Alors que le premier tour des élections régionales de 2021 en France a été marqué par une abstention record, avec un taux de participation de 33,28% selon les données de l’Intérieur, Franceinfo a interrogé des sociologues et des spécialistes des médias pour comprendre si la manière de traiter le scrutin avait influencé celui-ci.
Après que le journaliste de France 2 Laurent Delahousse a critiqué le 20 juin le traitement médiatique de la politique, lequel ne s’oriente plus vers les «sujets essentiels», la question a été largement soulevée.
Une responsabilité «collective»
Ainsi, David Medioni, journaliste et directeur de l’Observatoire des médias à la Fondation Jean-Jaurès, a déclaré auprès de Franceinfo qu’«il y a une part de responsabilité collective et tripartite, entre les politiques, les médias et les citoyens».
«Les médias se sont gargarisés des sondages, en expliquant que le Rassemblement national (RN) allait rafler deux ou trois régions, en parlant d’un duel entre le RN et La République en marche (LREM). La nationalisation de la campagne n’a pas réellement aidé les citoyens à se motiver à aller voter», a-t-il expliqué.
De même, Erik Neveu, sociologue des médias et professeur à l’IEP de Rennes, a noté auprès de la chaîne que les «émissions politiques où l’on peut débattre avec du sérieux et des arguments ont virtuellement disparu».
En parlant des médias, les spécialistes sollicités par Franceinfo mentionnent souvent la télévision et la radio, dont l’invité politique est central dans la construction des émissions, plutôt que la presse écrite et notamment la presse quotidienne régionale.
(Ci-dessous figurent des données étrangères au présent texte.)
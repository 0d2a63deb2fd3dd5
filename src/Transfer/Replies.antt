-- ===== src/Transfer/Replies.antt =====
-- The replies to OPEN, WRITE, CLOSE and ABORT as `poll` of src/file_transfer.rs reads them: reply
-- lines, among any others, and then the acknowledgement.
use marlin_binary_transfer.Common.{ℕ, ◌≡◌, refl, none, some, List, [], ◌∷◌, ◌++◌, All}
use marlin_binary_transfer.Session.State.{Event, ack}
use marlin_binary_transfer.Transfer.State.{FileEvent, FileTransfer}
use marlin_binary_transfer.Transfer.Operations.{drain_events, pop_event, poll}
use marlin_binary_transfer.Transfer.Invariant.{IsConsistent}
use marlin_binary_transfer.Transfer.Answers.{
  unanswered, last_answer, reached, IsAwaiting, IsQuiet, meaning,
}
use marlin_binary_transfer.Transfer.Drain.{Answered, AnsweredFirst, drain_events-AnsweredFirst}

at_last :
    (before : List FileEvent) (result : FileTransfer) (event : FileEvent)
    → AnsweredFirst before [] result event
    → Answered before result event
unfolding drain_events
at_last before result event a = rw a.goes_on a.answered

drain_events-Answered :
    (events : List Event) (n : ℕ) (ft : FileTransfer)
    → IsConsistent ft
    → IsAwaiting ft.state
    → All IsQuiet events
    → Answered ft.out_events
        (drain_events (events ++ ack n ∷ []) ft)
        (last_answer ft.state (meaning ft.state ft.pending_ascii) events)
drain_events-Answered events n ft v h q =
    at_last _ _ _ (drain_events-AnsweredFirst events [] n ft v h q)

-- `poll` hands out the only event.
popped :
    (after : FileTransfer) (event : FileEvent)
    → Answered [] after event
    → ((pop_event after.out_events after).1 ≡ some event)
      × ((pop_event after.out_events after).0.state ≡ reached event)
      × ((pop_event after.out_events after).0.pending_ascii ≡ none)
unfolding pop_event
popped after event a = rw a.out_events (refl, a.state, a.pending_ascii)

unheard :
    (ft after : FileTransfer) (events : List Event)
    → ft.pending_ascii ≡ none
    → ft.out_events ≡ []
    → Answered ft.out_events after (last_answer ft.state (meaning ft.state ft.pending_ascii) events)
    → Answered [] after (last_answer ft.state (unanswered ft.state) events)
unheard ft after events e f a = rw (e, f) at a

queued :
    (ft : FileTransfer) (queue events : List Event) (event : FileEvent)
    → queue ≡ events
    → Answered [] (drain_events events ft) event
    → Answered [] (drain_events queue ft) event
queued ft queue events event e a = rw e a

-- A consistent transfer (as every one is that a program can reach) has an OPEN, WRITE, CLOSE or ABORT
-- under way, no line pending and no event waiting, and its session holds any number of reply lines,
-- other lines, resend requests and handshakes, then an acknowledgement. Then `poll` returns what the
-- table says: the meaning of the last reply line to the request, or, if none is among them, a write
-- acknowledgement for WRITE and a protocol violation for the others. It goes to the state of that
-- event, with no line pending.
pub poll_reply :
    (ft : FileTransfer) (events : List Event) (n : ℕ)
    → IsConsistent ft
    → IsAwaiting ft.state
    → All IsQuiet events
    → ft.pending_ascii ≡ none
    → ft.out_events ≡ []
    → ft.session.events ≡ events ++ ack n ∷ []
    → ((poll ft).1 ≡ some (last_answer ft.state (unanswered ft.state) events))
      × ((poll ft).0.state ≡ reached (last_answer ft.state (unanswered ft.state) events))
      × ((poll ft).0.pending_ascii ≡ none)
unfolding poll
poll_reply ft events n v h q none_pending no_event e = popped _ _ (
    queued ft ft.session.events (events ++ ack n ∷ []) _ e
      (unheard ft _ events none_pending no_event (drain_events-Answered events n ft v h q)))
À son tour, Patrick Eveno, sociologue des médias et vice-président du Conseil de déontologie journalistique et de médiation, a indiqué à Franceinfo qu’«il est toujours facile de faire porter aux médias cette responsabilité, mais les médias ne font pas l’élection et ne décident pas du comportement électoral des électeurs».
Un manque «d'exigences»
Alors que les élections régionales ont été marquées par deux thèmes: la sécurité, qui n’est pas dans les compétences des régions, et la future élection présidentielle, Jean-Marie Charon, sociologue spécialisé dans le journalisme et l'information, a noté auprès de Franceinfo que les médias «ont sans doute insuffisamment pris le contre-pied de cette "nationalisation de l’enjeu"».
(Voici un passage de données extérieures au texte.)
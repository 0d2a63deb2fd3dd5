-- ===== src/Transfer/Runs.antt =====
-- Runs of src/file_transfer.rs on concrete transfers, and the theorems on them.
use marlin_binary_transfer.Common.{
  ◌++◌, arith, ◌≡◌, refl, false, none, some, [], ◌∷◌, panic, Returns, equal, Bytes, true, done, ok,
  err,
}
use marlin_binary_transfer.Text.{codes, from_utf8, splitn, trim, parse, display}
use marlin_binary_transfer.Session.State as SessionState
use marlin_binary_transfer.Session.Reach as SessionReach
use marlin_binary_transfer.Session.State.{
  Session, synced, ack, ascii_line, resend_requested, fatal_error,
}
use marlin_binary_transfer.Transfer.State.{
  heatshrink, uncompressed, auto, io_error, FileEvent, State, FileTransfer, new,
  compression_unsupported,
}
use marlin_binary_transfer.Transfer.Operations.{
  query, open_file, write, close, abort, feed, tick, poll, send,
}
use marlin_binary_transfer.Transfer.Invariant.{IsConsistent}
use marlin_binary_transfer.Transfer.Reach.{IsReachable, start, next}
use marlin_binary_transfer.Transfer.Panics.{transfer_no_panic}
use marlin_binary_transfer.Transfer.Answers.{last_answer}
use marlin_binary_transfer.Transfer.Replies.{poll_reply}
use marlin_binary_transfer.Transfer.Online.{no_call, online_requests}
use marlin_binary_transfer.Session.Operations as SessionOps
use marlin_binary_transfer.Session.Operations.{
  connect, queue, dispatch_if_idle, dispatch_from, dispatch, build, feed_loop, take_line,
  process_line, classify, act, handle_ss, handle_ss_fields, ss_fields, ss_text, ss_parts,
}
use marlin_binary_transfer.Session.Lines.{drain_line, strip_line_endings}
use marlin_binary_transfer.Transfer.Compression.{choose_compression, parse_compression_spec}
use marlin_binary_transfer.Transfer.Spec.{parse_compression_spec-spec_text}
use marlin_binary_transfer.Codec
use marlin_binary_transfer.Codec.{
  encode, encode_header, encode_payload, fletcher16, fletcher_from, fletcher_step,
}
use marlin_binary_transfer.Transfer.Query.{version_reply, poll_version}
use marlin_binary_transfer.Transfer.Query
use marlin_binary_transfer.Transfer.Diagram.{Run, Journey, polled, called, queries, handed}
use marlin_binary_transfer.Transfer.Lifecycle.{Run-Follows}
use marlin_binary_transfer.Transfer.Late.{poll_failed_behind}

abbrev fresh : FileTransfer
fresh = new SessionState.new

fresh-IsReachable : IsReachable fresh
fresh-IsReachable = start SessionReach.start

-- Without a handshake every request panics.
transfer_no_panic_example :
    Returns (feed fresh (codes "ok0") 5)
    × Returns (tick fresh 5)
    × (query fresh auto 5 ≡ panic)
    × (open_file fresh (codes "a.gco") false 5 ≡ panic)
    × (write fresh (codes "G28") 5 ≡ panic)
    × (close fresh 5 ≡ panic)
    × (abort fresh 5 ≡ panic)
transfer_no_panic_example =
    transfer_no_panic auto (codes "a.gco") false (codes "G28") (codes "ok0") 5 fresh-IsReachable

-- A CLOSE that the device answers with an error line among others.
abbrev closing : FileTransfer
closing =
    record (new (record (SessionState.new) {
      events =
          ascii_line (codes "echo:busy")
          ∷ ascii_line (codes "PFT:ioerror")
          ∷ resend_requested 3
          ∷ ack 9
          ∷ [];
    })) { state = State.awaiting_close_reply; negotiated_compression = some uncompressed }

closing-IsConsistent : IsConsistent closing
closing-IsConsistent = record { pending_fits = tt; negotiated = tt; events_fit = tt }

poll_reply_example :
    ((poll closing).1 ≡ some (FileEvent.failed io_error))
    × ((poll closing).0.state ≡ State.failed)
    × ((poll closing).0.pending_ascii ≡ none)
unfolding last_answer equal
poll_reply_example =
    poll_reply closing
      (ascii_line (codes "echo:busy") ∷ ascii_line (codes "PFT:ioerror") ∷ resend_requested 3 ∷ [])
      9 closing-IsConsistent tt (tt, (tt, (tt, tt))) refl refl refl

-- The device confirms OPEN and reports a fatal error in one chunk.
abbrev opening : FileTransfer
opening =
    record (new (record (SessionState.new) {
      events = ascii_line (codes "PFT:success") ∷ ack 2 ∷ fatal_error ∷ [];
    })) { state = State.awaiting_open_reply; negotiated_compression = some uncompressed }

opening-IsConsistent : IsConsistent opening
opening-IsConsistent = record { pending_fits = tt; negotiated = tt; events_fit = tt }

poll_failed_behind_example :
    ((poll opening).1 ≡ some FileEvent.opened)
    × ((poll opening).0.state ≡ State.failed)
    × (write (poll opening).0 (codes "G28") 7 ≡ panic)
    × (close (poll opening).0 7 ≡ panic)
unfolding last_answer equal
poll_failed_behind_example =
    poll_failed_behind opening (ascii_line (codes "PFT:success") ∷ []) 2 (codes "G28") 7
      opening-IsConsistent tt (tt, tt) refl refl refl

-- The handshake: SYNC goes out, and the device answers with its number, block size and version.
abbrev sync_bytes : Bytes
sync_bytes = 0xAD ∷ 0xB5 ∷ 0x00 ∷ 0x01 ∷ 0x00 ∷ 0x00 ∷ 0x01 ∷ 0x03 ∷ []

abbrev connected : Session
connected = record (SessionState.new) {
  in_flight = some (record {
    sync = 0;
    bytes = sync_bytes;
    first_sent = 3;
    last_sent = 3;
    is_sync_handshake = true;
  });
  outbound = sync_bytes ∷ [];
}

abbrev online : Session
online = record (SessionState.new) {
  sync = 5;
  is_synced = true;
  max_block_size = some 512;
  protocol_version = some (codes "0.1.0");
  outbound = sync_bytes ∷ [];
  events = synced 512 (codes "0.1.0") ∷ [];
}

connect_run : connect SessionState.new 3 ≡ done connected
unfolding connect queue dispatch_if_idle dispatch_from dispatch build encode encode_header
    encode_payload fletcher16 fletcher_from fletcher_step Codec.new
connect_run = refl

handshake_run : SessionOps.feed connected (codes "ss5,512, 0.1.0\n") 4 ≡ done online
unfolding SessionOps.feed feed_loop drain_line take_line strip_line_endings process_line classify
    act handle_ss handle_ss_fields ss_fields ss_text ss_parts from_utf8 splitn trim parse
    dispatch_if_idle dispatch_from
handshake_run = refl

online-IsReachable : SessionReach.IsReachable online
online-IsReachable =
    SessionReach.next (SessionReach.next SessionReach.start (SessionReach.connects 3 connect_run))
      (SessionReach.feeds (codes "ss5,512, 0.1.0\n") 4 handshake_run)

online_requests_example :
    Returns (query (new online) auto 7)
    × (open_file (new online) (codes "a.gco") false 7 ≡ panic)
    × (write (new online) (codes "G28") 7 ≡ panic)
    × (close (new online) 7 ≡ panic)
    × (abort (new online) 7 ≡ panic)
online_requests_example =
    online_requests auto (codes "a.gco") false (codes "G28") 7 online-IsReachable refl no_call

parse_compression_spec-spec_text_example :
    (parse_compression_spec (codes "heatshrink,8,4") ≡ heatshrink 8 4)
    × (choose_compression auto (parse_compression_spec (codes "heatshrink,8,4"))
        ≡ ok (heatshrink 8 4))
    × (choose_compression (heatshrink 11 5) (parse_compression_spec (codes "heatshrink,8,4"))
        ≡ ok (heatshrink 11 5))
    × (choose_compression uncompressed (parse_compression_spec (codes "heatshrink,8,4"))
        ≡ ok uncompressed)
    × (choose_compression auto (parse_compression_spec (codes "none")) ≡ ok uncompressed)
    × (choose_compression (heatshrink 11 5) (parse_compression_spec (codes "none"))
        ≡ err compression_unsupported)
unfolding display
parse_compression_spec-spec_text_example =
    parse_compression_spec-spec_text 8 4 11 5 (omega arith) (omega arith)

-- A transfer on a session that has a packet in flight, and a fatal error among its events.
abbrev broken : Session
broken = record (SessionState.new) {
  is_synced = true;
  in_flight =
      some
        (record { sync = 0; bytes = []; first_sent = 0; last_sent = 0; is_sync_handshake = false });
  events = fatal_error ∷ [];
}

asked : Returns (query (new broken) auto 5)
unfolding query send SessionOps.send queue dispatch_if_idle dispatch_from
asked = (_, refl)

-- From `Idle` over `AwaitingQueryReply` to `Failed`.
asked_run : Run (poll asked.0).0 (handed (poll asked.0).1)
asked_run = polled (called Run.start (queries auto 5 asked.1))

Run-Follows_example :
    Journey (poll asked.0).0.state (handed (poll asked.0).1 ++ (poll asked.0).0.out_events)
Run-Follows_example = Run-Follows asked_run

-- The device has no heatshrink, and the caller asks for it.
abbrev wanting : FileTransfer
wanting = record (new SessionState.new) { requested_compression = heatshrink 8 4 }

poll_version_example :
    poll
      (Query.asked (ascii_line (version_reply (codes "1.0") (codes "none")) ∷ (ack 0 ∷ [])) wanting)
    ≡ (
      record (Query.asked [] wanting) {
        state = State.failed;
        negotiated_compression = none;
        advertised_version = some (codes "1.0");
      },
      some (FileEvent.failed compression_unsupported),
    )
unfolding choose_compression parse_compression_spec equal
poll_version_example = poll_version wanting (codes "1.0") (codes "none") 0 (omega arith)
«Le rôle de contre-pouvoir des médias aurait dû les pousser à davantage d'exigences et d'interrogations des politiques sur les vraies prérogatives», a-t-il souligné.
Une réflexion nécessaire
Ces spécialistes ont également noté la nécessité de «mener une réflexion autour de la manière de traiter le fait politique».
«Il est urgent de reprendre le sujet à partir des enjeux à traiter, du fond des réponses avancées par les uns et les autres, et de cesser la polarisation sur les questions essentiellement tactiques», estime Jean-Marie Charon en ajoutant que les stratégies politiques «n'intéressent plus la majorité des Français, voire les dégoûtent du champ politique et des échéances électorales».
Manque d'intérêt et défiance
En analysant cette faible participation au scrutin, un sondage Odoxa-Backbone consulting réalisé pour Le Figaro et Franceinfo et publié le 24 juin, montre que 50% des abstentionnistes interrogés expliquent leur «non-vote» par un manque d'intérêt ou une défiance envers la politique. Parmi eux, 17% estiment que voter aux régionales «ne servait à rien» et 13% pensent que «l’offre politique proposée dans leur région ne leur convenait pas».
De plus, 16% des sondés expliquent leur attitude «par un défaut d’information sur ce scrutin». Dans le détail, 5% affirment qu'ils ne «savaient pas que le premier tour des élections avait lieu ce jour-là ou l’ont réalisé trop tard».
Les Français se méfient des médias
Dans la foulée, une étude de l'IFOP pour l'application d'intelligence artificielle Flint, publiée le 17 juin et relayée par Franceinfo, montre que 55% des sondés éprouvent de la «méfiance» envers les médias. Plus de 90% d'entre eux estiment également que le débat public, dont les médias se font l’écho, est «trop brutal, trop polarisé et manque d'apaisement».